◆ **ASSIGNED TASK**
In the data below, find the line containing "(walk_components repr before_spec", then set down that line and every later line up to and including the line containing "(path_kept-Yields repr before_spec", exactly.

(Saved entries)
== Segment start ==
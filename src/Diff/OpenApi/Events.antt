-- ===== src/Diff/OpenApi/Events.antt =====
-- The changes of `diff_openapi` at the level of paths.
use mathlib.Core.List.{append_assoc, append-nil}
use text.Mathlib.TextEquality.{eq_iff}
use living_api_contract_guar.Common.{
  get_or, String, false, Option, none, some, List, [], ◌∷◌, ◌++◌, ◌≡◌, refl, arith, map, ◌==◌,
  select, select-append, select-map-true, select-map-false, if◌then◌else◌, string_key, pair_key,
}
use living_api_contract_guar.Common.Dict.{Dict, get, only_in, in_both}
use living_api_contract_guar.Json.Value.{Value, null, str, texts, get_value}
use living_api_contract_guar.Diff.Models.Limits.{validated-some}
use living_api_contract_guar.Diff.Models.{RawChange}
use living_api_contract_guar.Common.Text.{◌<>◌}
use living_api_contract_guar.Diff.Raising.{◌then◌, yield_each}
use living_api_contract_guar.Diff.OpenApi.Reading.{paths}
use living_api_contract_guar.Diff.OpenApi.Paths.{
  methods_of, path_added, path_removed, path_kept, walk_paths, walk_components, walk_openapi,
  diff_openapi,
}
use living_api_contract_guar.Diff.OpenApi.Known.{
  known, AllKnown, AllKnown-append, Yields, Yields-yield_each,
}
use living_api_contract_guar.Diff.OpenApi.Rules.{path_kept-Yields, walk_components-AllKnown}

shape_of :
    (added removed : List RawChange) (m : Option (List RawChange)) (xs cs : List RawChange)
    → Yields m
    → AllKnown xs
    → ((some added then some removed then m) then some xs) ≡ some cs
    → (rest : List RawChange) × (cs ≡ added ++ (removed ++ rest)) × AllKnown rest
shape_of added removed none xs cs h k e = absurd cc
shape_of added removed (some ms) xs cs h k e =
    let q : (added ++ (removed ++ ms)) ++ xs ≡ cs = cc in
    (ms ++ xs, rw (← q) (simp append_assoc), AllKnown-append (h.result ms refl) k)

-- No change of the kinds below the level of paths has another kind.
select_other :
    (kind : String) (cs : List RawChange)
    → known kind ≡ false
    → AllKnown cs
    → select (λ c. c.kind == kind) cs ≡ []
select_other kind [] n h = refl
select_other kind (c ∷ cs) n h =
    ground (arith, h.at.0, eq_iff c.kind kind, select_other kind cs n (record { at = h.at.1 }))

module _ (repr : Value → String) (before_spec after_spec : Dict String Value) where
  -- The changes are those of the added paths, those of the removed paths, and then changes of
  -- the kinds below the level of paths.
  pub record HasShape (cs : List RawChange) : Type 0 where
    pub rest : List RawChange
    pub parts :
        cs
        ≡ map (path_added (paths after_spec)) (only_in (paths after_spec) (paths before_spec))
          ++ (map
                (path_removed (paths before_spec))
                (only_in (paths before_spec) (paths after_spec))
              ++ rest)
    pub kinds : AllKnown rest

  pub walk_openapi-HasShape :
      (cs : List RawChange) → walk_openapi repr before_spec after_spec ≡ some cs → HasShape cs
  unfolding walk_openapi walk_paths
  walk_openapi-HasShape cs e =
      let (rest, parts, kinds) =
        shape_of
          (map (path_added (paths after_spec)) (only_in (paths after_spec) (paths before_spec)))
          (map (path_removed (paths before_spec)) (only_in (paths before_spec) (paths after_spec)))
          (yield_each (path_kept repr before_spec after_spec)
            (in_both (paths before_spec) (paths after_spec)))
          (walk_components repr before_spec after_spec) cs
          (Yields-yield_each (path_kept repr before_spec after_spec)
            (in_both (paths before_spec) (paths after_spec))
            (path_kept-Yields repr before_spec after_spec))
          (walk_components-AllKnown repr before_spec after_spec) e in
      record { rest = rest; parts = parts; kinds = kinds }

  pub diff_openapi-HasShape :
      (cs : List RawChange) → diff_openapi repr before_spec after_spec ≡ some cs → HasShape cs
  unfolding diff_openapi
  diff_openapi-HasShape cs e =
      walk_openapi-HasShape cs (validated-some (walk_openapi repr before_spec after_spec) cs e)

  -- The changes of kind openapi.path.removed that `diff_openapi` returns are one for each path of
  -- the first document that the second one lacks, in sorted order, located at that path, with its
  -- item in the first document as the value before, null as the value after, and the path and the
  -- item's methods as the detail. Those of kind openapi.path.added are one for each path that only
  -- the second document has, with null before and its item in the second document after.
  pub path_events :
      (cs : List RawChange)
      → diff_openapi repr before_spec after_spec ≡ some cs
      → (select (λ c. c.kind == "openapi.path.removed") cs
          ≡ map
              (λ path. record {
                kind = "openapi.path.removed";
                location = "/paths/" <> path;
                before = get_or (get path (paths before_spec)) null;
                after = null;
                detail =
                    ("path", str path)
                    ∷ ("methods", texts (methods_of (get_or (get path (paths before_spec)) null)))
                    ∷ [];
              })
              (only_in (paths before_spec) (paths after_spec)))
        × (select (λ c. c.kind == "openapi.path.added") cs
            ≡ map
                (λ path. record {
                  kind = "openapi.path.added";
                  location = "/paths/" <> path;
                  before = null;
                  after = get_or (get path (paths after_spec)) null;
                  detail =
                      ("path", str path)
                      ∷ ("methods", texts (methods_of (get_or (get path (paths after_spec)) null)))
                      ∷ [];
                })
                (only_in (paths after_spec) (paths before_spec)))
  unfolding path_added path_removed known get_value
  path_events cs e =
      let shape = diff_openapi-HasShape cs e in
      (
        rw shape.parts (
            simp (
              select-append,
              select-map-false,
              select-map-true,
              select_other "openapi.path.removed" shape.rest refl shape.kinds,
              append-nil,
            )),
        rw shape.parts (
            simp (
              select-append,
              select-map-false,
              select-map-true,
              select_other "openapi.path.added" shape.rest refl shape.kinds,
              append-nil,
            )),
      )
== Segment end ==
◆ **ANSWER TO THIS EXERCISE**
          (walk_components repr before_spec after_spec) cs
          (Yields-yield_each (path_kept repr before_spec after_spec)
            (in_both (paths before_spec) (paths after_spec))
            (path_kept-Yields repr before_spec after_spec))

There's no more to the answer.